# Ladys: Griffe Grip Shift



## Twinkie (27. Juli 2010)

....messt doch mal bitte die breite der Griffe?

Welche habt ihr überhaupt montiert?

Cockpitfotos erbeten.

Hab den neuen Lenker jetzt dran und weiß nicht weiter.....


----------



## Ani (27. Juli 2010)

ich hab am tourenbike sram rockets und die nehmen pro stück ca 7 cm ein.


----------



## MTB-News.de




----------



## Bergradlerin (29. Juli 2010)

Ergon für Gripshift Größe S. Seitdem gehören Handgelenksprobleme der Vergangenheit an.


----------



## MelleD (29. Juli 2010)

Hab die normalen Odi Ruffian dran, hatte mein Schatz mir einfach bestellt und sind vollkommen in Ordnung. Sind 115mm lang.


----------



## Twinkie (29. Juli 2010)

Fotos her! In ein Album gehören anständige Detailbilders von euren Schmuckstücken...looooooooooos! 

@Melle: Gibts die auch in "halb"? Oder haste die ölf cm noch neben die Gripshifter gebaut?

@Gina: Welche haste denn?

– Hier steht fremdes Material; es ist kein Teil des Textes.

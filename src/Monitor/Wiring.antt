-- ===== src/Monitor/Wiring.antt =====
-- Parts of the monitor that work together.
use k8s_deploy_monitor_opera.Prelude.{
  Bool, true, not, ◌&&◌, ◌||◌, Option, some, List, [], ◌∷◌, GoString, str, Map, ◌==◌, join_key, All,
  All-append, if_cases, ◌≡◌, refl, arith,
}
use k8s_deploy_monitor_opera.Event.{RolloutEvent}
use k8s_deploy_monitor_opera.Watchlist.{
  Store, AppWatchConfigSpec, PutResult, put_ok, put, claims, lookup_entry,
}
use k8s_deploy_monitor_opera.Watchlist.Ownership.{is_claimed, put-owns}
use k8s_deploy_monitor_opera.Config.Fields.{Config, ℤ}
use k8s_deploy_monitor_opera.Config.Sources.{Env}
use k8s_deploy_monitor_opera.Config.Settings.{FileResult, settings, load, uses_slack}
use k8s_deploy_monitor_opera.Config.Settings.Loaded.{HasServices, load-IsValid}
use k8s_deploy_monitor_opera.Config.Environment.{NamespaceLookup}
use k8s_deploy_monitor_opera.Monitor.{
  TargetKind, log_target, audit_target, slack_target, slack_bot_target, investigation_target,
  diagnostic_target, add_if, posts_to_slack, investigates, targets_of, enrich_event,
}

-- What a target sends to is set.
abbrev pub is_addressed : Config → TargetKind → Bool
is_addressed c log_target = true
is_addressed c audit_target = c.persistence_enabled
is_addressed c slack_target = not (c.slack_webhook_url == [])
is_addressed c slack_bot_target = not (c.slack_bot_token == [])
is_addressed c (investigation_target mode) =
    not (c.slack_webhook_url == []) && (mode == str "runbook" || not (c.holmes_api_url == []))
is_addressed c diagnostic_target = true

add_if-All :
    (c : Config) (b : Bool) (t : TargetKind) (ts : List TargetKind)
    → (b ≡ true → is_addressed c t ≡ true)
    → All (λ u. is_addressed c u ≡ true) ts
    → All (λ u. is_addressed c u ≡ true) (add_if b t ts)
unfolding add_if
add_if-All c b t ts h rest =
    if_cases (All (λ u. is_addressed c u ≡ true)) b _ _
      (λ set. All-append (λ u. is_addressed c u ≡ true) ts (t ∷ []) rest (h set, tt))
      (λ unset. rest)

targets_of-All : (c : Config) → HasServices c → All (λ t. is_addressed c t ≡ true) (targets_of c)
unfolding targets_of posts_to_slack investigates uses_slack
targets_of-All c h =
    add_if-All c _ diagnostic_target _ (λ e. refl)
      (add_if-All c _ (investigation_target c.investigation_mode) _
        (λ e. ground (arith, e, h.known_investigation, h.runbook_url, h.holmes_urls))
        (add_if-All c _ slack_bot_target _ (λ e. e)
          (add_if-All c _ slack_target _ (λ e. ground (arith, e, h.slack_url))
            (add_if-All c _ audit_target _ (λ e. e) (refl, tt)))))

-- With settings that `Load` returns, every target of the monitor has the URLs, the token or the
-- persistence that it uses.
pub load-targets_addressed :
    (atoi : GoString → Option ℤ) (load_file : GoString → FileResult) (env : Env) (c : Config)
    → load atoi load_file env ≡ settings c
    → All (λ t. is_addressed c t ≡ true) (targets_of c)
load-targets_addressed atoi load_file env c h =
    targets_of-All c (load-IsValid atoi load_file env c h).0

-- After a successful `Put`, an event of a namespace that was accepted gets the app and the channel of
-- the `Put`, whatever the environments say.
pub enrich_event-put :
    (known : Map Bool) (upserted : Option Bool) (app : GoString) (spec : AppWatchConfigSpec)
    → (s : Store) (r : PutResult) (l : Option NamespaceLookup) (routing : Option (Map GoString))
    → (event : RolloutEvent) → (put known upserted app spec s).1 ≡ put_ok r
    → is_claimed (join_key event.cluster_id event.namespace) (claims r.accepted) ≡ true
    → enrich_event (some (put known upserted app spec s).0) l routing event
      ≡ record event { app = app; slack_channel = spec.slack_channel }
unfolding enrich_event lookup_entry
enrich_event-put known upserted app spec s r l routing event ok claimed =
    rw (put-owns known upserted app spec s r ok _ claimed) refl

Kannst Du mal die Breite ausmessen biddö?

@Ani: sram rockets hab ich als lose Griffe nich gefunden, nur als Schalteinheit selber......hmmm.


----------



## MelleD (29. Juli 2010)

Hier mal nen pic


----------



## Ani (29. Juli 2010)

sorry, wer lesen kann ich klar im vorteil, ich dachte du wolltest dir shifter zulegen, aber du hast die shifter schon und brauchst jetzt dazu passende griffe*lichtaufgeh*

als griffe hab ich die syntace moto, gut 11 cm breit, die sind im orginal breiter lassen sich aber an einer dafür vorgesehen sollbruchstelle extra für gripshift abschneiden. 
p.s. mit bild kann ich leider nicht dienen, weil mein tourenbike momentan noch auseinander geschraub ist, aber mein lenker ist 66cm und das passt problemlos mit den griffen


----------



## Bergradlerin (29. Juli 2010)

Neunkommavierzentimeter


----------



## Veloce (30. Juli 2010)

Ani schrieb:


> sorry, wer lesen kann ich klar im vorteil, ich dachte du wolltest dir shifter zulegen, aber du hast die shifter schon und brauchst jetzt dazu passende griffe*lichtaufgeh*
> 
> als griffe hab ich die syntace moto, gut 11 cm breit, die sind im orginal breiter lassen sich aber an einer dafür vorgesehen sollbruchstelle extra für gripshift abschneiden.
> p.s. mit bild kann ich leider nicht dienen, weil mein tourenbike momentan noch auseinander geschraub ist, aber mein lenker ist 66cm und das passt problemlos mit den griffen



Die Syntace Moto sind auch meine Favoriten .Geniale Griffe .
Hab sie am HT und fürs Spezi gibts bald auch welche .


----------



## Twinkie (30. Juli 2010)

hab dazu noch mal n paar bilder rausgekramt:
syntace moto und X0






ergon und X0








Fasst ihr zum Fahren nur die Griffe an? Bei mir ist es momentan so, dass ich nen Griff halb abgeschnitten habe und den ganzen Shifter dann mit als Griff benutze. Kann dann schon mal vorkommen, dass man im Wiegetritt schaltet... Wie istn das eigentlich gedacht? 

Ist ja etwas merkwürdig, wenn der Lenker mit 40cm Gummiumfassung belegt ist ist, oder?


----------



## Bergradlerin (30. Juli 2010)

Seitdem ich die Ergos fahre, greife ich nur noch die Griffe. Vorher habe ich immer Softgriffe abgeschnitten und fand nie die richtige Position. Versehentlich schalten? Äh... Nicht mit X.O!


----------



## MTB-News.de




----------



## Twinkie (2. August 2010)

Dankee´e!! 

Ich hab noch ein paar BBB Ergos gefunden und die erstmal montiert.
Es geht tatsächlich erstaunlich gut, wenn man nur noch am Griff anfasst.


----------